This should be your argument, because, as you said above
p.p.s. I am happy to accept that the sum of decisions made across thousands of schools may have overall statistical power to lead to well-founded strategic assessments (at least in theory). My problem is at the individual school level where poorly founded judgements have a severe effect on that one school.

You're arguing for the one school, not the population. The question that really needs to be addressed is why this particular group failed to meet the minimum standard. What was the overall mean for improvement, for comparable groups?



There's a reason people scoff at statistics; some say that statistics can be used to prove anything. You're trying to do that with the t-test applied to this case.
 
I think we need more info about the 13.2 before we can know whether dak is right.

Is 13.2 the mean performance across the entire district? If so, I don't think a stat analysis would be inappropriate.

Or, is the mean actually 15, and they did some calculation such that 13.2 is indeed an all or nothing minimum.
 
Consider this analogy. I'm teaching a course; the course syllabus states that 5 exams will be given and to receive an A, you must average 90 over the 5 exams. If, at the end of the course, you earned an average score of 89, you wouldn't be able to argue that, since your 89 is not statistically different from 90, you should be given the A.

Actually, that seems quite reasonable, even if no teacher would accept the excuse. The scores here aren't really the full population, since they don't include all the tests a student might have taken, but didn't. No student will get the same score on a test twice in a row, due to all kinds of factors (including the roommate having a heart attack). It's not like, say, measuring height, where you'll get the same result each time (within rounding errors and all that).

Further, although the students here represent the total population of the school, they don't represent the population as a whole. Imagine that school A has 1000 students (and meets the target), while school B has 1 student (and doesn't meet the target). It doesn't seem unreasonable that school A has enough cross-section that the average score should be fairly accurate, while in school B, it's perfectly possible that they got "unlucky" with a particularly dim student, and that the one data point isn't representative of the school as a whole.

After all, unless I'm reading this incorrectly, the real goal is to measure the performance of the school, not the performance of the students. A subtle distinction, but important, since to properly evaluate the school's performance, one has to consider all the students that might have gone there, but didn't.

bpesta22 could be right, though--perhaps the 13.2 takes this into account, and the real goal is somewhat higher.

- Dr. Trintignant
 
There's one more way to argue this: the three students with no results at time 1, the missing cases, could represent improvements high enough to raise the school to the required 13.2 average improvement had they been there at time 1. It's grasping at straws (one could put an actual probability to it, given the other observations), but it's something that could be tried.
 
I'm afraid you're engaging in an abuse of statistics. You seem to have determined what the outcome should be (that this particular cohort has met it's target) and are trying to find a statistic to support that conclusion.

I hope that is not the impression I had given.

I'm not trying to say that this cohort has met the standard from the data available, but that it cannot be said that they haven't met the standard.

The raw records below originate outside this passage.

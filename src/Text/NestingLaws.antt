-- ===== src/Text/NestingLaws.antt =====
-- backend/internal/feed/normalize/sanitize.go: the tags that SanitizeHTML writes are nested.
use afghanistan_news.Base.{
  ℕ, suc, String, Bool, true, false, not, Option, none, some, List, [], ◌∷◌, ◌++◌, ◌≡◌, refl, sym,
  ap, ◌∙◌, inl, inr, str_eq, eq_refl, ltb, Bool-cases, if◌then◌else◌,
}
use mathlib.Core.List.{append_assoc, append-nil}
use afghanistan_news.Text.Sanitize.{
  HtmlLib, is_in, allowed_tags, dropped_tags, Node, text, element, other, Nodes, no_nodes, and_node,
  Attribute, Piece, plain, open_tag, close_tag, write_attributes, walk_html, walk_node,
  sanitize_pieces,
}

-- A reader of the pieces with the tags that are open: a tag must end before those around it do.
pub closes : List String → List Piece → Option (List String)
closes stack [] = some stack
closes stack (plain t ∷ ps) = closes stack ps
closes stack (open_tag name true attributes ∷ ps) = closes stack ps
closes stack (open_tag name false attributes ∷ ps) = closes (name ∷ stack) ps
closes [] (close_tag name ∷ ps) = none
closes (top ∷ stack) (close_tag name ∷ ps) =
    let rest = closes stack ps in if str_eq top name then rest else none

-- Pieces that leave the open tags as they found them.
abbrev Neutral : List Piece → Type 0
Neutral ps =
    (stack : List String) (rest : List Piece) → closes stack (ps ++ rest) ≡ closes stack rest

Neutral-append : (ps qs : List Piece) → Neutral ps → Neutral qs → Neutral (ps ++ qs)
Neutral-append ps qs h k stack rest =
    ap (closes stack) (append_assoc ps qs rest) ∙ h stack (qs ++ rest) ∙ k stack rest

Neutral-if :
    (deep : Bool) (inside : List Piece) → Neutral inside → Neutral (if deep then [] else inside)
Neutral-if true inside h stack rest = refl
Neutral-if false inside h stack rest = h stack rest

Neutral-one :
    (name : String) (is_void : Bool) (attributes : List Attribute) (inside : List Piece)
    → Neutral inside
    → Neutral (
        open_tag name is_void attributes
        ∷ (if is_void then [] else inside ++ (close_tag name ∷ [])))
unfolding closes
Neutral-one name true attributes inside h stack rest = refl
Neutral-one name false attributes inside h stack rest =
    ap (closes (name ∷ stack)) (append_assoc inside (close_tag name ∷ []) rest)
    ∙ h (name ∷ stack) (close_tag name ∷ rest)
    ∙ rw (eq_refl name) refl

element-Neutral :
    (l : HtmlLib) (name : String) (is_void : Bool) (attributes : List Attribute)
    (inside : List Piece)
    → Neutral inside
    → Neutral (
        if is_in dropped_tags name
        then []
        else if not (is_in allowed_tags name)
        then inside
        else open_tag name is_void attributes
          ∷ (if is_void then [] else inside ++ (close_tag name ∷ [])))
element-Neutral l name is_void attributes inside h stack rest =
    elim (Bool-cases (is_in dropped_tags name)) [
      | inl e ↦ rw e refl
      | inr e ↦ elim (Bool-cases (is_in allowed_tags name)) [
        | inr a ↦ rw (e, a) (h stack rest)
        | inl a ↦ rw (e, a) (Neutral-one name is_void attributes inside h stack rest)
      ]
    ]

mutual
  unfolding walk_html closes

  walk_html-Neutral : (l : HtmlLib) (depth : ℕ) (ns : Nodes) → Neutral (walk_html l depth ns)
  walk_html-Neutral l depth no_nodes = λ stack rest. refl
  walk_html-Neutral l depth (and_node n ns) =
      Neutral-append (walk_node l depth n) (walk_html l depth ns) (walk_node-Neutral l depth n)
        (walk_html-Neutral l depth ns)

  walk_node-Neutral : (l : HtmlLib) (depth : ℕ) (n : Node) → Neutral (walk_node l depth n)
  walk_node-Neutral l depth (text t) = λ stack rest. refl
  walk_node-Neutral l depth other = λ stack rest. refl
  walk_node-Neutral l depth (element raw is_void attributes children) =
      element-Neutral l (l.lower raw) is_void (write_attributes l (l.lower raw) attributes)
        (if ltb 32 (suc depth) then [] else walk_html l (suc depth) children)
        (Neutral-if (ltb 32 (suc depth)) (walk_html l (suc depth) children)
          (walk_html-Neutral l (suc depth) children))

-- The tags of the walk's output are nested: read from the start with no tag open, each end belongs to
-- the tag opened last, and none is left open. (A result of more than 60,000 characters is cut later.)
pub sanitize_pieces_nested :
    (l : HtmlLib) (doc : Nodes) → closes [] (sanitize_pieces l doc) ≡ some []
unfolding sanitize_pieces closes
sanitize_pieces_nested l doc =
    ap (closes []) (sym (append-nil (sanitize_pieces l doc))) ∙ walk_html-Neutral l 0 doc [] []
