-- ===== src/Text/UrlQuery.antt =====
-- net/url as backend/internal/feed/normalize/normalize.go uses it: QueryUnescape and ParseQuery, on texts
-- of bytes. A piece that is not well formed is left out.
use afghanistan_news.Base.{
  ℕ, ◌+◌, ◌-◌, ◌*◌, ◌&&◌, ◌||◌, Option, none, some, List, [], ◌∷◌, ◌==◌, leb, any, if◌then◌else◌,
}
use afghanistan_news.Query.Cursor.{Bytes}
use afghanistan_news.Api.Session.{bytes_eq}

abbrev pub hex_digit : ℕ → Option ℕ
hex_digit c =
    if leb 48 c && leb c 57
    then some (c - 48)
    else if leb 65 c && leb c 70
    then some (c - 55)
    else if leb 97 c && leb c 102
    then some (c - 87)
    else none

abbrev pub and_byte : ℕ → Option Bytes → Option Bytes
and_byte c none = none
and_byte c (some s) = some (c ∷ s)

abbrev pub and_hex : Option ℕ → Option ℕ → Option Bytes → Option Bytes
and_hex (some a) (some b) rest = and_byte (a * 16 + b) rest
and_hex _ _ rest = none

-- + stands for a space.
abbrev pub plus_space : ℕ → ℕ
plus_space c = if c == 43 then 32 else c

-- QueryUnescape; `none` for a % without two hexadecimal digits.
unfoldable pub unescape : Bytes → Option Bytes
unescape [] = some []
unescape (c ∷ []) = if c == 37 then none else some (plus_space c ∷ [])
unescape (c ∷ (x ∷ [])) =
    let plain = and_byte (plus_space c) (unescape (x ∷ [])) in if c == 37 then none else plain
unescape (c ∷ (x ∷ (y ∷ s))) =
    let escaped = and_hex (hex_digit x) (hex_digit y) (unescape s) in
    let plain = and_byte (plus_space c) (unescape (x ∷ (y ∷ s))) in
    if c == 37 then escaped else plain

abbrev pub and_first : ℕ → List Bytes → List Bytes
and_first c [] = (c ∷ []) ∷ []
and_first c (p ∷ ps) = (c ∷ p) ∷ ps

-- The pieces between the bytes &.
unfoldable pub pieces : Bytes → List Bytes
pieces [] = [] ∷ []
pieces (c ∷ s) = let rest = pieces s in if c == 38 then [] ∷ rest else and_first c rest

-- strings.Cut(s, "=")
unfoldable pub cut_equals : Bytes → Bytes × Bytes
cut_equals [] = ([], [])
cut_equals (c ∷ s) = let rest = cut_equals s in if c == 61 then ([], s) else (c ∷ rest.0, rest.1)

-- The values of a key stand together, in the order of the text.
abbrev pub Groups : Type 0
Groups = List (Bytes × List Bytes)

unfoldable pub and_value : Bytes → Bytes → Groups → Groups
and_value k v [] = (k, v ∷ []) ∷ []
and_value k v ((j, vs) ∷ rest) =
    let later = and_value k v rest in if bytes_eq j k then (j, v ∷ vs) ∷ rest else (j, vs) ∷ later

abbrev pub and_pair : Option Bytes → Option Bytes → Groups → Groups
and_pair (some k) (some v) groups = and_value k v groups
and_pair _ _ groups = groups

unfoldable pub group_pieces : List Bytes → Groups
unfolding unescape cut_equals and_value
group_pieces [] = []
group_pieces (p ∷ ps) =
    let rest = group_pieces ps in
    let more = and_pair (unescape (cut_equals p).0) (unescape (cut_equals p).1) rest in
    if bytes_eq p [] || any (λ c. c == 59) p then rest else more

-- u.Query() of a raw query.
unfoldable pub parse_query : Bytes → Groups
unfolding pieces group_pieces
parse_query raw = group_pieces (pieces raw)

My point is that these assessments are inherently flawed when the groups being assessed are frequently small and especially when the school is then required to take action as if the group had been shown to have underperformed.

You may have noticed I am only describing the data for one subject area. The school satisfies its targets under the other subject areas on the terms by which the inspectors work. I would say that this judgement is equally flawed. The asymmetry arises because a flawed judgement that a school has met its standard has no practical consequences in this round of assessment, just a pat on the back for a job allegedly well done.

I am not being logically inconsistent. If the school achieved 13.4 in maths next year the system will judge it to have succeeded. I would say that this judgement would be just as ill-founded as this year's.

The target of 13.2 falls out from the way grades are calculated. The target that the school is set is that the "average points score" for a year-group must reach or exceed that level. So, I still think t-tests are appropriate if you have enough data or the variance is small enough. The problem is that most small schools do not have enough data, given the variance, for proper tests to be performed, but that action is then required of the school as if proper tests had been performed.

There are secondary targets for numbers of individual children achieving certain amounts of progress, but that's a whole other story. And let's not even begin to consider the problem of correcting for multiple comparisons
 
The problem is whether or not a group consisting of the entire population achieves a minimum standard of improvement of 13.2. In this case, 12.9 is indeed less than 13.2.

I think this is maybe where wires are getting crossed.

It is accepted that not all individuals will achieve this target. Nationally the target is that the mean of the whole population should rise by that amount. It is not, therefore, a minimum hurdle to be vaulted. Ideally with advancements in educational quality the rise over time should be made better. [sarcasm]And we can see from the complete absence of any suggestion of grade-inflation that governments are very good at ensuring that this does, objectively, happen. [/sarcasm]

However, at the school level, every school is judged as if its average must exceed the national level. It could be argued that this is the means of applying selective pressure. And yes, across the country on average the pressure might get applied in the right places, but this average will conceal pressure being applied in the wrong places in many individual instances.

So, the children across the whole country vary about that mean. Groups of children drawn from that larger population will vary about the mean. The question we are debating is how to know whether a group's mean differs sufficiently from the population mean to show that something special marks that group out, either specially good or specially poor teaching and what should be done when the group one is concerned about is too small to make that assessment valid. And my problem is managing a situation where it is asserted that the teaching has been specially poor based on data from a group whose variance overlaps the target mean.

It is very tempting so say that I think it is shocking that about half of schools are below average and why can't we all live in Lake Wobegone.
 
The underlying problem seems to me to be the discontinuous nature of the response: if a school's grade is slightly above the cutoff, everything is supposed to be perfectly okay; if slightly below, more or less drastic measures are felt to be necessary.

Arguments about exactly where the cutoff should be, tend to be met with, "well, of course we can't give a very good reason why it should be precisely x and not x + 0.01 or x - 0.01, but there has to be some cutoff, after all."

No, there really doesn't.

If the response were a continuous function of the grade, with slightly worse grades resulting in only slightly more punishment (or slightly more help, or slightly more of whatever the appropriate response to a poor grade is thought to be), the urgent need, in borderline cases, to argue about whether an arbitrary cutoff has or hasn't been met, would disappear. There would be no borderline cases, because there would be no borderline.